Cómo ser el peor marido del mundo
  • Las películas y programas de humor de hoy en día, hacen que los maridos parezcan inútiles, estúpidos e innecesarios. Romper este estereotipo ridículo de maridos comienza en casa, con nuestras esposas. Aquí hay algunas cosas para evitar (a menos que usted quiera ser el peor marido del mundo) y algunas ideas para ayudarle a ofuscar la mejor broma sobre eso que los medios de comunicación tienen que ofrecer.

  • 1. Nunca recuerde el día de salir juntos

  • Los meses y años parecen volar. Salir del modo zombi durante las rutinas diarias de la vida de vez en cuando es una buena cosa. Si usted realmente quiere impresionar a su esposa, tome un tiempo para estar juntos al menos una vez al mes. Crean un día especial. Esto les dará la oportunidad de celebrar una ocasión especial con más frecuencia y ayudarle a adquirir el hábito de hacer algo bueno para su esposa, al menos una vez al mes.

  • 2. No la oiga

  • Es fácil distraerse con la TV, el teléfono inteligente y otras cosas aleatorias que hacen que enfocar en las cosas importantes de la vida sea un poco más desafiante. Usted va a sorprender a su esposa al dejar de lado sus dispositivos electrónicos y mirar hacia ella mientras ella está hablando con usted. Asegúrese de darle un acento de vez en cuando. Aprender y practicar habilidades de escucha activa ayudará a mejorar la calidad de su relación.

  • Recuerde que no hay problema en preguntar: "¿Quieres que sólo la oiga o que apunte soluciones?". Su esposa le dejará saber lo que espera de usted y recuerde que a ella se reserva el derecho de cambiar de opinión en cualquier momento. 3. Olvídese de elogiarla

  • Ignorar los logros de su esposa, incluso las pequeñas cosas puede perjudicarla. Si usted realmente desea aumentar su autoestima, reconozca cuando su mujer hace o dice algo agradable. Elogiarla puede ser fuerte para ella. Como marido, nadie debe dar a ella más elogios que usted. Oscar Wilde dijo una vez: "Un gran error que los hombres hacen es desistir de elogiar, pues cuando desistan de apuntar lo que es encantador, ellos también renuncian a pensar en lo que es encantador. ¡Damas necesitan un príncipe encantado! Sorpréndela haciendo elogios muchas veces.

  • 4. Cuando llegue a casa pregunte por qué no está limpia

  • ¿Alguna vez ha llegado a casa después de un duro día de trabajo sólo para encontrarla inmunda, platos en el fregadero, y todo el mundo durmiendo? Usted puede ser fácilmente tentado a preguntar por qué la casa no está de acuerdo con sus expectativas, pero, por favor, no lo haga. Si usted es sabio, utilice esto como una oportunidad para dar a su esposa un tiempo juntos. Finita que no vio nada y pasar algún tiempo de calidad con ella. Ni siquiera mencione la casa.

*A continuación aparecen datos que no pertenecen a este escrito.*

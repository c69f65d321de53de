-- ===== src/Packet/Ipv6/Extensions.antt =====
-- The loop of the IPv6 parser over a printed chain of extension headers.
use timing_proxy.Base.{
  ℕ, zero, suc, ◌+◌, ◌*◌, ◌≤◌, ◌≡◌, refl, ap, ◌∙◌, subst, arith, true, false, ltb, some, List, [],
  ◌∷◌, length, length-append, ok,
}
use timing_proxy.Packet.Memory.{Memory}
use timing_proxy.Packet.Memory.Holds.{Holds, Holds-right, load8-Holds}
use timing_proxy.Packet.Wire.{ExtHeader, first_type, print_chain}
use timing_proxy.Packet.Ipv6.{Chain, is_extension_header, skip_header, extension_headers}

-- Extension headers in front of so many bytes: of types that the parser knows as such, of the length
-- that they say, and with the 64 bytes behind their start that the parser asks for.
pub data IsChain (upper size : ℕ) : List ExtHeader → Type 0 where
  ends : IsChain upper size []
  links :
      {e : ExtHeader} {es : List ExtHeader}
      → is_extension_header e.type ≡ ok true
      → 2 + length e.body ≡ e.units * 8 + 8
      → 64 ≤ length (print_chain (e ∷ es) upper) + size
      → IsChain upper size es
      → IsChain upper size (e ∷ es)

length-print_chain :
    (e : ExtHeader) (es : List ExtHeader) (upper : ℕ)
    → 2 + length e.body ≡ e.units * 8 + 8
    → length (print_chain (e ∷ es) upper) ≡ e.units * 8 + 8 + length (print_chain es upper)
length-print_chain e es upper fits = omega (arith, length-append e.body (print_chain es upper))

-- The loop stands before a chain.
abbrev pub before : List ExtHeader → ℕ → ℕ → ℕ → Chain
before es upper at size = record {
  next_hdr = first_type es upper;
  current_header = some at;
  payload_size = length (print_chain es upper) + size;
}

-- It stands behind it.
abbrev pub behind : List ExtHeader → ℕ → ℕ → ℕ → Chain
behind es upper at size = record {
  next_hdr = upper;
  current_header = some (at + length (print_chain es upper));
  payload_size = size;
}

module _ (m : Memory) (upper size : ℕ) where
  skip_header-print :
      (e : ExtHeader) (es : List ExtHeader) (at : ℕ)
      → 2 + length e.body ≡ e.units * 8 + 8
      → 64 ≤ length (print_chain (e ∷ es) upper) + size
      → Holds m at (print_chain (e ∷ es) upper)
      → skip_header m (before (e ∷ es) upper at size)
        ≡ ok (before es upper (at + (e.units * 8 + 8)) size)
  unfolding skip_header
  skip_header-print e es at fits enough held =
      let total = length (print_chain (e ∷ es) upper) + size in
      let all = length-print_chain e es upper fits in
      let long : ltb total 64 ≡ false = ground arith in
      let inside : ltb total (e.units * 8 + 8) ≡ false = ground arith in
      rw
        (
          long,
          load8-Holds m at (print_chain (e ∷ es) upper) held 0 (first_type es upper) refl,
          load8-Holds m at (print_chain (e ∷ es) upper) held 1 e.units refl,
          inside,
        )
        (ap
          (λ (k : ℕ). ok (record {
            next_hdr = first_type es upper;
            current_header = some (at + (e.units * 8 + 8));
            payload_size = k;
          }))
          (omega (arith, all)))

  Holds-rest :
      (e : ExtHeader) (es : List ExtHeader) (at : ℕ)
      → 2 + length e.body ≡ e.units * 8 + 8
      → Holds m at (print_chain (e ∷ es) upper)
      → Holds m (at + (e.units * 8 + 8)) (print_chain es upper)
  Holds-rest e es at fits held =
      let printed = first_type es upper ∷ e.units ∷ e.body in
      let there : at + length printed ≡ at + (e.units * 8 + 8) = omega (arith, fits) in
      subst (λ (n : ℕ). Holds m n (print_chain es upper)) there
        (Holds-right m at printed (print_chain es upper) held)

  -- The loop goes over a chain and stops at the header behind it.
  pub extension_headers-print :
      (fuel : ℕ) (es : List ExtHeader) (at : ℕ)
      → is_extension_header upper ≡ ok false
      → IsChain upper size es
      → length (print_chain es upper) ≤ fuel
      → Holds m at (print_chain es upper)
      → extension_headers (suc fuel) m (before es upper at size) ≡ ok (behind es upper at size)
  unfolding extension_headers
  extension_headers-print fuel [] at last ends enough held = rw last (
      ap
        (λ (n : ℕ).
          ok (record { next_hdr = upper; current_header = some n; payload_size = 0 + size }))
        (omega arith)
      ∙ ap
          (λ (n : ℕ).
            ok (record { next_hdr = upper; current_header = some (at + 0); payload_size = n }))
          (omega arith))
  extension_headers-print zero (e ∷ es) at last (links known fits room others) enough held =
      absurd (omega (arith, length-print_chain e es upper fits))
  extension_headers-print (suc fuel) (e ∷ es) at last (links known fits room others) enough held =
      let short : length (print_chain es upper) ≤ fuel =
        omega (arith, length-print_chain e es upper fits) in
      rw (known, skip_header-print e es at fits room held)
        (extension_headers-print fuel es (at + (e.units * 8 + 8)) last others short
            (Holds-rest e es at fits held)
          ∙ ap
              (λ (n : ℕ).
                ok (record { next_hdr = upper; current_header = some n; payload_size = size }))
              (omega (arith, length-print_chain e es upper fits)))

  • 5. Preséntela bocinando del coche

  • Si realmente quieres divertirte un poco, sigue el consejo de Joseph B. Wirthlin, que una vez sugirió: "Tal vez algún día nuestras mujeres pudieran entrar en el carro y bocinar, mientras que nosotros, como maridos, arreglamos a los niños. Cambia de lugar con ella y eso te ayudará a tener una mejor perspectiva de todo el trabajo duro que tu esposa hace para mantener las cosas funcionando sin problemas en casa. 6. Dígale que ella no es capaz de hacer nada. Nada le ayudará a bajar tan bajo como decirle a su esposa que no puede hacer nada. Si quieres que te quede locamente enamorada de ti, sea optimista con ella. Nunca dude de su capacidad para realizar algo grande. Un hombre sabio una vez me enseñó que lo que una persona puede hacer, otra también puede. Creer que su esposa puede realizar cualquier cosa.

  • 7. Ignore sus peticiones

  • Si ella le pide que haga algo, ignore o vaya a protestar para ser contado entre los peores maridos del planeta. Si usted realmente quiere que ella se gane sobre su gran marido a sus amigas, haga un hábito nunca decir no a su esposa. Ella desarrollará una profunda confianza en ti cuando dé de su tiempo para ella. Cuando ella le pide hacer algo, hágalo lo más rápido posible y usted experimentar una boda más feliz.

  • Traducido y adaptado por Stael Pedrosa Metzger del original Cómo ser el peor marido en el mundo.